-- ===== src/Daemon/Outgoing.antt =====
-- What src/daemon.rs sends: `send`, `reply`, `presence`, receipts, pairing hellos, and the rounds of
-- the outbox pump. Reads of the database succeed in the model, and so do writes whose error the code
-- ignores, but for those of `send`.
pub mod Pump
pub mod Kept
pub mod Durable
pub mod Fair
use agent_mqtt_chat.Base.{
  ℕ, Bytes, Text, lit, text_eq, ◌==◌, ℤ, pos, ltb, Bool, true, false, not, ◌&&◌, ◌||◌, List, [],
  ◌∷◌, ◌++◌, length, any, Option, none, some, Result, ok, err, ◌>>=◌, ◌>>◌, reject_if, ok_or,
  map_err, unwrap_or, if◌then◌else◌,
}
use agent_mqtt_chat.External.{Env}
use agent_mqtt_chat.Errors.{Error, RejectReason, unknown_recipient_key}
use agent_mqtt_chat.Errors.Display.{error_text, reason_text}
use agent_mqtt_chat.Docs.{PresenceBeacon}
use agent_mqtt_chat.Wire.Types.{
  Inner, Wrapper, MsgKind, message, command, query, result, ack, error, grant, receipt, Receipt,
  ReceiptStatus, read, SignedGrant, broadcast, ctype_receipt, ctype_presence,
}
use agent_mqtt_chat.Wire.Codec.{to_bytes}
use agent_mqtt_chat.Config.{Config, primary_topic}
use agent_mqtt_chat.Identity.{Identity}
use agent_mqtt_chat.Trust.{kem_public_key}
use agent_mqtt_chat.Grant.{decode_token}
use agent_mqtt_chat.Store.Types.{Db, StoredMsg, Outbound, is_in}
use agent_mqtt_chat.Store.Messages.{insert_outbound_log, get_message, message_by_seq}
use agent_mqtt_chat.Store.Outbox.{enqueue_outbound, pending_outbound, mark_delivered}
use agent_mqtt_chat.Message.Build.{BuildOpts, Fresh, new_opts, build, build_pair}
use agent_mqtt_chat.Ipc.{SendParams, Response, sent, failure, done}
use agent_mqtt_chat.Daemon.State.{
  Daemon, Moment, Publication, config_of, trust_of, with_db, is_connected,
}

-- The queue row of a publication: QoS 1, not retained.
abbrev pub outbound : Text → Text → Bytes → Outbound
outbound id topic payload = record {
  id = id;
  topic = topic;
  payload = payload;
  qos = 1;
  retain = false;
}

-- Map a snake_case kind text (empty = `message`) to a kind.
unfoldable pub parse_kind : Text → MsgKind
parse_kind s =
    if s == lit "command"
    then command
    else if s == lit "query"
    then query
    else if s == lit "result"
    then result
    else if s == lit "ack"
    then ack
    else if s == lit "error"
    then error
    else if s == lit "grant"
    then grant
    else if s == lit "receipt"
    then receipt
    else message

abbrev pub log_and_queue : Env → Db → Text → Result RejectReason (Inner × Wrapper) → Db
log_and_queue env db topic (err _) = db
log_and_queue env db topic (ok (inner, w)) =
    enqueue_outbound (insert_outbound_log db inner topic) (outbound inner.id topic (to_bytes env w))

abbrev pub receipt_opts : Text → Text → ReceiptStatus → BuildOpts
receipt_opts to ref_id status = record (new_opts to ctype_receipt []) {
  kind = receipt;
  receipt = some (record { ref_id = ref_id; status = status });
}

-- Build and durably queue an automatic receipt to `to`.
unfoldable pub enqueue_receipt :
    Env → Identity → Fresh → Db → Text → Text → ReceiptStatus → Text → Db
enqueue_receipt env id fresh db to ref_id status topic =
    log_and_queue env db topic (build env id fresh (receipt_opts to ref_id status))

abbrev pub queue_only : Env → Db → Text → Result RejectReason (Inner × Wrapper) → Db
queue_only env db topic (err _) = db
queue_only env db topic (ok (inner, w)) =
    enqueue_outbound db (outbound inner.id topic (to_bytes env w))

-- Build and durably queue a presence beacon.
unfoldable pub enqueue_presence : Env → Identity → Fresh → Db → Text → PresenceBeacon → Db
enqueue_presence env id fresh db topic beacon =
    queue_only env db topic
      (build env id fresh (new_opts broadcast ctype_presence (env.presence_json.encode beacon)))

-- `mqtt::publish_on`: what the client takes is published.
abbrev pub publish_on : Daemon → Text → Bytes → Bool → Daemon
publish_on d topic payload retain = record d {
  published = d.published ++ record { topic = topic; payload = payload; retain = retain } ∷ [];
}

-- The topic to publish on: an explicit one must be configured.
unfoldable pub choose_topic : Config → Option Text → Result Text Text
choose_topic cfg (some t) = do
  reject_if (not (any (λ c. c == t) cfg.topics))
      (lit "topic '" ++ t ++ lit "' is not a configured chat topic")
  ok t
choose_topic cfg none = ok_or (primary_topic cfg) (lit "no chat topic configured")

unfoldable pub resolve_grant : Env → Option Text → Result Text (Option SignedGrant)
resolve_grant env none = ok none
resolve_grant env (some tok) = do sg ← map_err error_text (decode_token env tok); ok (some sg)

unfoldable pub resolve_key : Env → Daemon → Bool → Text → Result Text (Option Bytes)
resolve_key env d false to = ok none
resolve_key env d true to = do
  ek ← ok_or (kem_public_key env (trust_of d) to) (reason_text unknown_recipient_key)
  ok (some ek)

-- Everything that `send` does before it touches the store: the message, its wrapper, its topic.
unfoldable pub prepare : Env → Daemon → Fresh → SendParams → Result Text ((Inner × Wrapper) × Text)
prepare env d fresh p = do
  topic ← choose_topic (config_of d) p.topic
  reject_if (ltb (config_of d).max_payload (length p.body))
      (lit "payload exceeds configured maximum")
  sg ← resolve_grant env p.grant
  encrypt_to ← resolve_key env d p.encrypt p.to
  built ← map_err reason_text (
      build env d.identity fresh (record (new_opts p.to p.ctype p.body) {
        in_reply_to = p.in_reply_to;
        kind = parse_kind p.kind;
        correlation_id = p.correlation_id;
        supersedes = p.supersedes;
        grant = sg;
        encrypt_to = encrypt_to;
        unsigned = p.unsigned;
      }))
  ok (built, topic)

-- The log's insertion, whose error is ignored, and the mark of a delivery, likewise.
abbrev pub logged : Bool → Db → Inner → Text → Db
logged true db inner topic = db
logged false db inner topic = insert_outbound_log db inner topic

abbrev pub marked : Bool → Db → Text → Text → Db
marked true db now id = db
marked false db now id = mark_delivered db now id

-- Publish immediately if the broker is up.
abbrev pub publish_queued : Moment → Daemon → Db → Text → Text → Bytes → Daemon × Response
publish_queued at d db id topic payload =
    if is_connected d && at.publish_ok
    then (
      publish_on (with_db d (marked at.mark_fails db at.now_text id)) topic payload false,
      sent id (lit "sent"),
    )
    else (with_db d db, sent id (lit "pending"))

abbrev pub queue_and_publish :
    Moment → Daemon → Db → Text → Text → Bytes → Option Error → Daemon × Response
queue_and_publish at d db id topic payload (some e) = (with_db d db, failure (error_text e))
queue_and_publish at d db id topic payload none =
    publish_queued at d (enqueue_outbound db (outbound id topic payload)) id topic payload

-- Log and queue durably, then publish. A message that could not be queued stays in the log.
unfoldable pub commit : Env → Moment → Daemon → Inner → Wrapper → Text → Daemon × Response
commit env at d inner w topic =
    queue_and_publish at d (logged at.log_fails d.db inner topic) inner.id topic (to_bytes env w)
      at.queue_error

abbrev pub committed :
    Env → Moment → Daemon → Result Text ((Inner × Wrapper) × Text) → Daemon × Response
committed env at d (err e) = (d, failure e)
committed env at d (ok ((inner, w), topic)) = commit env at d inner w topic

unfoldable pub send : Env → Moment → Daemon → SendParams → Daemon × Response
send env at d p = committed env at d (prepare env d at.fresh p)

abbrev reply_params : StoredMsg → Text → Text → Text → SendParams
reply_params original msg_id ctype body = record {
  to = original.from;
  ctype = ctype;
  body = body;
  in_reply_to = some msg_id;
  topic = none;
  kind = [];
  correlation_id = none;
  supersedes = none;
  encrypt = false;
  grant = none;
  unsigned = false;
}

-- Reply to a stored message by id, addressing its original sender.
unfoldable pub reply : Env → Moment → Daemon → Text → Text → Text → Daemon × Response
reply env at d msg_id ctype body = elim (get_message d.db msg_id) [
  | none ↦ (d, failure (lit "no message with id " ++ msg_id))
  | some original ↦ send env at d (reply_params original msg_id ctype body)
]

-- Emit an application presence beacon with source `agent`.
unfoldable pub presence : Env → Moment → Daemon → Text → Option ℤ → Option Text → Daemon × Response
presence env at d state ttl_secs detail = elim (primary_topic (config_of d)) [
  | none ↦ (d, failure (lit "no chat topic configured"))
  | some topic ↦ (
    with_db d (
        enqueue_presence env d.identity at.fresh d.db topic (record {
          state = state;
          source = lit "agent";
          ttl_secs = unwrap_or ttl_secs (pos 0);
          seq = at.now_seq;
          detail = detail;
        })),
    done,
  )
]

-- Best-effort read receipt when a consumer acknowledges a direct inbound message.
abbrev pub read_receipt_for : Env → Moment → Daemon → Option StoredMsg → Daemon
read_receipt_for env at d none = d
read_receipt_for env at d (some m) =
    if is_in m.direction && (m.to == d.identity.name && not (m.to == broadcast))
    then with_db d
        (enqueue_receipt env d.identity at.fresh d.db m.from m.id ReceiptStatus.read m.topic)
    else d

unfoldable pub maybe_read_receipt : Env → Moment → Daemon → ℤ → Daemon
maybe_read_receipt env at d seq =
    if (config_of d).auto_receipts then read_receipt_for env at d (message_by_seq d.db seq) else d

- _REQUIREMENT_
Only one stretch of the records above is wanted: the lines between the one holding "abbrev pub logged" and the one holding "-- Publish immediately if the broker is up.", inclusive, reproduced exactly.

- _SOLUTION_
abbrev pub logged : Bool → Db → Inner → Text → Db
logged true db inner topic = db
logged false db inner topic = insert_outbound_log db inner topic

abbrev pub marked : Bool → Db → Text → Text → Db
marked true db now id = db
marked false db now id = mark_delivered db now id

-- Publish immediately if the broker is up.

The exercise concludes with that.